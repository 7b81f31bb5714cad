-- ===== src/Rating/Explain/Tests.antt =====
-- The explanation of a winner's result.
use arena_rank_project.Prelude.{◌≡◌, refl, true, List, [], ◌∷◌, map}
use arena_rank_project.Prelude.Int.{ℤ, pos, negsuc, ◌+ℤ◌, ◌-ℤ◌}
use arena_rank_project.Prelude.Result.{Result, ok, err}
use arena_rank_project.Floats.Decimals.{whole, coarse}
use arena_rank_project.Rating.Params.{Error}
use arena_rank_project.Rating.Caps.{decide_pdl_cap}
use arena_rank_project.Rating.Engine.{
  PlayerRatingResult, capped, frozen, modified_step, damped_sigma,
}
use arena_rank_project.Rating.Modifiers.{
  to_cr, dispersion_cap, placement_weight, placement_amp, streak_multiplier, boosting_penalty,
  party_dampener,
}
use arena_rank_project.Rating.Rate.{rate_player, rate_eligible, finish, floored}
use arena_rank_project.Rating.Tests.{params, participant}
use arena_rank_project.Rating.Explain.Entries.{PdlExplanation, chain_ledger}
use arena_rank_project.Rating.Explain.Tiers.{cap_stage}
use arena_rank_project.Rating.Explain.{closed_stage, explain, result_input, explain_result}
use arena_rank_project.Rating.Explain.Reconciled.{IsReconciled, explain-IsReconciled}
use arena_rank_project.Rating.Explain.Replay.{IsReplayed, rate_player-IsReplayed}

abbrev result_of : Result Error (PlayerRatingResult coarse) → PlayerRatingResult coarse
result_of (ok r) = r
result_of (err e) = frozen coarse (participant 1 true) true 2

abbrev winner : PlayerRatingResult coarse
winner =
    result_of (rate_player coarse 1 2 (whole 100) 4 (participant 1 true) (whole 30, whole 7) params)

winner_was_rated :
    rate_player coarse 1 2 (whole 100) 4 (participant 1 true) (whole 30, whole 7) params ≡ ok winner
unfolding rate_player rate_eligible capped decide_pdl_cap finish ◌+ℤ◌ ◌-ℤ◌
winner_was_rated = refl

rate_player-IsReplayed_example : IsReplayed coarse params 1 2 winner
rate_player-IsReplayed_example =
    rate_player-IsReplayed coarse 1 2 (whole 100) 4 (participant 1 true) (whole 30, whole 7) params
      winner winner_was_rated

replayed : IsReplayed coarse params 1 2 winner
replayed =
    rate_player-IsReplayed coarse 1 2 (whole 100) 4 (participant 1 true) (whole 30, whole 7) params
      winner winner_was_rated

replayed_input : explain coarse (result_input coarse params 1 2 winner) ≡ ok replayed.explanation
unfolding explain_result
replayed_input = replayed.returned

explain-IsReconciled_example :
    IsReconciled coarse (result_input coarse params 1 2 winner) replayed.explanation
unfolding rate_player rate_eligible finish capped decide_pdl_cap
explain-IsReconciled_example =
    explain-IsReconciled coarse (result_input coarse params 1 2 winner) replayed.explanation refl
      replayed_input

abbrev summary : Result Error (PdlExplanation coarse) → List ℤ
summary (ok out) = map (λ e. e.pdl) out.entries
summary (err e) = []

-- The gain of 100 and 60 is cut to 50.
winner_entries :
    summary (explain_result coarse params 1 2 winner)
    ≡ whole 100
      ∷ pos 0
      ∷ pos 0
      ∷ pos 0
      ∷ pos 0
      ∷ pos 0
      ∷ pos 0
      ∷ pos 0
      ∷ whole 60
      ∷ negsuc 109999
      ∷ []
unfolding rate_player rate_eligible finish capped decide_pdl_cap ◌+ℤ◌ ◌-ℤ◌ explain_result
    chain_ledger cap_stage closed_stage to_cr modified_step dispersion_cap placement_weight
    placement_amp streak_multiplier boosting_penalty party_dampener damped_sigma floored
winner_entries = refl
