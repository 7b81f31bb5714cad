-- ===== src/Riot/Breaker.antt =====
-- backend/arena/riot/circuit_breaker.py. The clock is monotonic, and its readings, like the windows of
-- the configuration, are counted in one fixed unit; so the truncated `-` is exact where the code
-- subtracts from `now` and compares. Each method runs under the lock, as one step.
pub mod Laws
use arena_rank_project.Prelude.{ℕ, ◌+◌, ◌-◌, List, [], ◌∷◌, ◌++◌, if◌then◌else◌, ltb, leb, length}
use arena_rank_project.Prelude.Result.{Result, ok, err}

pub data CircuitState : Type 0 where
  closed open_circuit half_open : CircuitState

pub record CircuitConfig : Type 0 where
  pub failure_threshold : ℕ
  pub window_seconds : ℕ
  pub cooldown_seconds : ℕ

-- The failures are in the order in which they were appended.
pub record Breaker : Type 0 where
  pub state : CircuitState
  pub failures : List ℕ
  pub opened_at : ℕ

abbrev pub fresh : Breaker
fresh = record { state = closed; failures = []; opened_at = 0 }

-- `CircuitOpenError`, with the time to wait, or what the guarded call itself raised.
pub data CallError (E : Type 0) : Type 0 where
  circuit_open : ℕ → CallError E
  failed : E → CallError E

-- `while failures and failures[0] < cutoff: failures.popleft()`
unfoldable pub prune_before : ℕ → List ℕ → List ℕ
prune_before cutoff [] = []
prune_before cutoff (f ∷ fs) =
    let rest = prune_before cutoff fs in if ltb f cutoff then rest else f ∷ fs

unfoldable pub on_success : Breaker → Breaker
on_success s = record s { failures = []; state = closed }

module _ (cfg : CircuitConfig) where
  unfoldable pub prune : ℕ → List ℕ → List ℕ
  unfolding prune_before
  prune now failures = prune_before (now - cfg.window_seconds) failures

  enter : CircuitState → ℕ → Breaker → Result ℕ (Unit {0}) × Breaker
  enter open_circuit now s =
      let elapsed = now - s.opened_at in
      if leb cfg.cooldown_seconds elapsed
      then (ok tt, record s { state = half_open })
      else (err (cfg.cooldown_seconds - elapsed), s)
  enter closed now s = (ok tt, s)
  enter half_open now s = (ok tt, s)

  -- The gate: it lets the call through, or rejects it with the time that is left.
  unfoldable pub before_call : ℕ → Breaker → Result ℕ (Unit {0}) × Breaker
  unfolding enter
  before_call now s = enter s.state now s

  -- A failure outside a trial: it is counted, and trips the breaker at the threshold.
  unfoldable pub count_failure : ℕ → Breaker → Breaker
  unfolding prune
  count_failure now s =
      let failures = prune now (s.failures ++ (now ∷ [])) in
      if leb cfg.failure_threshold (length failures)
      then record { state = open_circuit; opened_at = now; failures = [] }
      else record s { failures = failures }

  fail_in : CircuitState → ℕ → Breaker → Breaker
  unfolding count_failure
  fail_in half_open now s = record s { state = open_circuit; opened_at = now }
  fail_in closed now s = count_failure now s
  fail_in open_circuit now s = count_failure now s

  unfoldable pub on_failure : ℕ → Breaker → Breaker
  unfolding fail_in
  on_failure now s = fail_in s.state now s

  -- `call(fn)`: the gate at `start`, then the call's own outcome, recorded at `end`.
  unfoldable pub call :
      {A E : Type 0} → ℕ → ℕ → Result E A → Breaker → Result (CallError E) A × Breaker
  unfolding before_call on_success on_failure
  call start end outcome s =
      let (gate, s') = before_call start s in
      elim gate [
        | err wait ↦ (err (circuit_open wait), s')
        | ok _ ↦ elim outcome [
          | ok a ↦ (ok a, on_success s')
          | err e ↦ (err (failed e), on_failure end s')
        ]
      ]
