-- ===== src/Riot/Breaker/Laws.antt =====
-- When the circuit breaker of backend/arena/riot/circuit_breaker.py trips, stays open and closes again.
use arena_rank_project.Prelude.{
  ◌⊎◌, inl, inr, leb, Bool-cases, ℕ, suc, ◌+◌, ◌-◌, ◌≤◌, ◌<◌, ◌≡◌, refl, sym, subst, ◌∙◌, ap, List,
  [], ◌∷◌, ◌++◌, arith, length, length-append, All, All-map, replicate, if◌then◌else◌,
}
use arena_rank_project.Prelude.Result.{Result, ok, err}
use arena_rank_project.Riot.Breaker.{
  CircuitConfig, Breaker, closed, open_circuit, half_open, circuit_open, failed, prune_before,
  before_call, on_success, on_failure, call,
}

-- What the callers and their calls do to a breaker, in the order in which the lock is taken.
pub data Move : Type 0 where
  enters : ℕ → Move
  succeeds : Move
  fails : ℕ → Move

module _ (cfg : CircuitConfig) where
  unfoldable pub move : Move → Breaker → Breaker
  unfolding before_call on_success on_failure
  move (enters now) s = (before_call cfg now s).1
  move succeeds s = on_success s
  move (fails now) s = on_failure cfg now s

  unfoldable pub moves : List Move → Breaker → Breaker
  unfolding move
  moves [] s = s
  moves (m ∷ ms) s = moves ms (move m s)

  length-prune_before : (cutoff : ℕ) (fs : List ℕ) → length (prune_before cutoff fs) ≤ length fs
  unfolding prune_before
  length-prune_before cutoff [] = omega arith
  length-prune_before cutoff (f ∷ fs) = ground (arith, length-prune_before cutoff fs)

  move_below :
      (m : Move) (s : Breaker)
      → 0 < cfg.failure_threshold
      → length s.failures < cfg.failure_threshold
      → length (move m s).failures < cfg.failure_threshold
  unfolding move
  move_below (enters now) s pos h = ground arith
  move_below succeeds s pos h = ground arith
  move_below (fails now) s pos h = ground arith

  -- In every interleaving of callers, the list of recorded failures stays shorter than the threshold,
  -- so it never grows without bound, whatever the state.
  pub moves_below :
      (ms : List Move) (s : Breaker)
      → 0 < cfg.failure_threshold
      → length s.failures < cfg.failure_threshold
      → length (moves ms s).failures < cfg.failure_threshold
  unfolding moves
  moves_below [] s pos h = h
  moves_below (m ∷ ms) s pos h = moves_below ms (move m s) pos (move_below m s pos h)

  -- While the cooldown runs, a call is rejected at once, whatever it would have done, with the time that
  -- is left, and the breaker stays as it is. From the cooldown's end on, an open breaker lets a call
  -- through; if that call succeeds the breaker closes, and if it fails it is open anew from that moment.
  pub call_open :
      {A E : Type 0} (start end : ℕ) (a : A) (e : E) (outcome : Result E A) (s : Breaker)
      → s.state ≡ open_circuit
      → s.opened_at ≤ start
      → (start < s.opened_at + cfg.cooldown_seconds)
          × (call cfg start end outcome s
              ≡ (err (circuit_open (s.opened_at + cfg.cooldown_seconds - start)), s))
        ⊎ (s.opened_at + cfg.cooldown_seconds ≤ start)
          × (call cfg {E = E} start end (ok a) s
              ≡ (ok a, record s { state = closed; failures = [] }))
          × (call cfg {A = A} start end (err e) s
              ≡ (err (failed e), record s { state = open_circuit; opened_at = end }))
  unfolding call
  call_open start end a e outcome s o h =
      elim (Bool-cases (leb (s.opened_at + cfg.cooldown_seconds) start)) [
        | inl late ↦ inr (ground arith, ground arith, ground arith)
        | inr early ↦ inl (ground arith, ground arith)
      ]

  -- A pruning that finds no old failure changes nothing.
  prune_recent : (cutoff : ℕ) (fs : List ℕ) → All (λ f. cutoff ≤ f) fs → prune_before cutoff fs ≡ fs
  unfolding prune_before
  prune_recent cutoff [] h = refl
  prune_recent cutoff (f ∷ fs) h = ground arith

  All-append : (P : ℕ → Type 0) (fs : List ℕ) (f : ℕ) → All P fs → P f → All P (fs ++ (f ∷ []))
  All-append P [] f h p = (p, tt)
  All-append P (g ∷ fs) f h p = (h.0, All-append P fs f h.1 p)

  -- One more recent failure is only counted.
  on_failure_counted :
      (now : ℕ) (s : Breaker)
      → s.state ≡ closed
      → All (λ f. now - cfg.window_seconds ≤ f) s.failures
      → on_failure cfg now s ≡ (
          if leb cfg.failure_threshold (suc (length s.failures))
          then record { state = open_circuit; opened_at = now; failures = [] }
          else record s { failures = s.failures ++ (now ∷ []) })
  unfolding on_failure
  on_failure_counted now s c h = ground (
    arith,
    prune_recent (now - cfg.window_seconds) (s.failures ++ (now ∷ []))
        (All-append _ s.failures now h (omega arith)),
    length-append s.failures (now ∷ []),
  )

  abbrev pub fail_all : List ℕ → Breaker → Breaker
  fail_all [] s = s
  fail_all (t ∷ ts) s = fail_all ts (on_failure cfg t s)

  -- The last failure of a burst.
  abbrev pub last_of : ℕ → List ℕ → ℕ
  last_of t [] = t
  last_of t (u ∷ us) = last_of u us

  -- All the failures of the burst lie between `low` and one window after it.
  abbrev pub InWindow : ℕ → List ℕ → Type 0
  InWindow low = All (λ t. (low ≤ t) × (t ≤ low + cfg.window_seconds))

  burst_from :
      (low t : ℕ) (ts : List ℕ) (s : Breaker)
      → s.state ≡ closed
      → All (λ f. low ≤ f) s.failures
      → InWindow low (t ∷ ts)
      → length s.failures + length (t ∷ ts) ≡ cfg.failure_threshold
      → fail_all (t ∷ ts) s
        ≡ record { state = open_circuit; failures = []; opened_at = last_of t ts }
  burst_from low t [] s c recent w e =
      on_failure_counted t s c (All-map _ _ s.failures (λ f h. omega arith) recent) ∙ ground arith
  burst_from low t (u ∷ us) s c recent w e =
      let s' = record s { failures = s.failures ++ (t ∷ []) } in
      let counted : on_failure cfg t s ≡ s' =
        on_failure_counted t s c (All-map _ _ s.failures (λ f h. omega arith) recent)
        ∙ ground arith in
      ap (fail_all (u ∷ us)) counted
      ∙ burst_from low u us s' c (All-append _ s.failures t recent w.0.0) w.1
          (omega (arith, length-append s.failures (t ∷ []), e))

  -- A closed breaker with no recorded failure is opened by as many failures in a row as the threshold
  -- says, if they all fall within one window: it is open from the last of them on, with an empty record.
  pub burst_trips :
      (low t : ℕ) (ts : List ℕ) (s : Breaker)
      → s.state ≡ closed
      → s.failures ≡ []
      → InWindow low (t ∷ ts)
      → length (t ∷ ts) ≡ cfg.failure_threshold
      → fail_all (t ∷ ts) s
        ≡ record { state = open_circuit; failures = []; opened_at = last_of t ts }
  burst_trips low t ts s c none_yet w e =
      burst_from low t ts s c (rw none_yet tt) w (rw none_yet (omega (arith, e)))

  -- Each failure comes more than one window after the one before it.
  abbrev pub Sparse : ℕ → List ℕ → Type 0
  Sparse t [] = Unit
  Sparse t (u ∷ us) = (t + cfg.window_seconds < u) × Sparse u us

  sparse_step :
      (t u : ℕ) (s : Breaker)
      → 2 ≤ cfg.failure_threshold
      → s.state ≡ closed
      → s.failures ≡ t ∷ []
      → t + cfg.window_seconds < u
      → on_failure cfg u s ≡ record s { failures = u ∷ [] }
  unfolding on_failure
  sparse_step t u s many c one late = ground arith

  -- With a threshold of two or more, failures that are further apart than the window never trip a
  -- closed breaker, however many they are.
  pub Sparse-stays_closed :
      (t : ℕ) (ts : List ℕ) (s : Breaker)
      → 2 ≤ cfg.failure_threshold
      → s.state ≡ closed
      → s.failures ≡ t ∷ []
      → Sparse t ts
      → ((fail_all ts s).state ≡ closed) × ((fail_all ts s).failures ≡ last_of t ts ∷ [])
  Sparse-stays_closed t [] s many c one h = (c, one)
  Sparse-stays_closed t (u ∷ us) s many c one h =
      subst (λ b. ((fail_all us b).state ≡ closed) × ((fail_all us b).failures ≡ last_of u us ∷ []))
        (sym (sparse_step t u s many c one h.0))
        (Sparse-stays_closed u us (record s { failures = u ∷ [] }) many c refl h.1)

  -- Callers that come one after another, before any of them has finished.
  abbrev pub gates : List ℕ → Breaker → List (Result ℕ (Unit {0}))
  gates [] s = []
  gates (t ∷ ts) s = (before_call cfg t s).0 ∷ gates ts (before_call cfg t s).1

  gates-half_open :
      (ts : List ℕ) (s : Breaker) → s.state ≡ half_open → gates ts s ≡ replicate (length ts) (ok tt)
  unfolding before_call
  gates-half_open [] s h = refl
  gates-half_open (t ∷ ts) s h = ground (arith, gates-half_open ts s h)

  -- Once the cooldown of an open breaker has elapsed, every caller is let through until the first of
  -- them finishes, and not one trial call alone.
  pub gates_after_cooldown :
      (t : ℕ) (ts : List ℕ) (s : Breaker)
      → s.state ≡ open_circuit
      → s.opened_at + cfg.cooldown_seconds ≤ t
      → gates (t ∷ ts) s ≡ replicate (length (t ∷ ts)) (ok tt)
  unfolding before_call
  gates_after_cooldown t ts s o h =
      ground (arith, gates-half_open ts (record s { state = half_open }) refl)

◆ **Your instructions**
State how many lines in the preceding material contain the word "than", and give nothing else.

◆ **Completed exercise**
3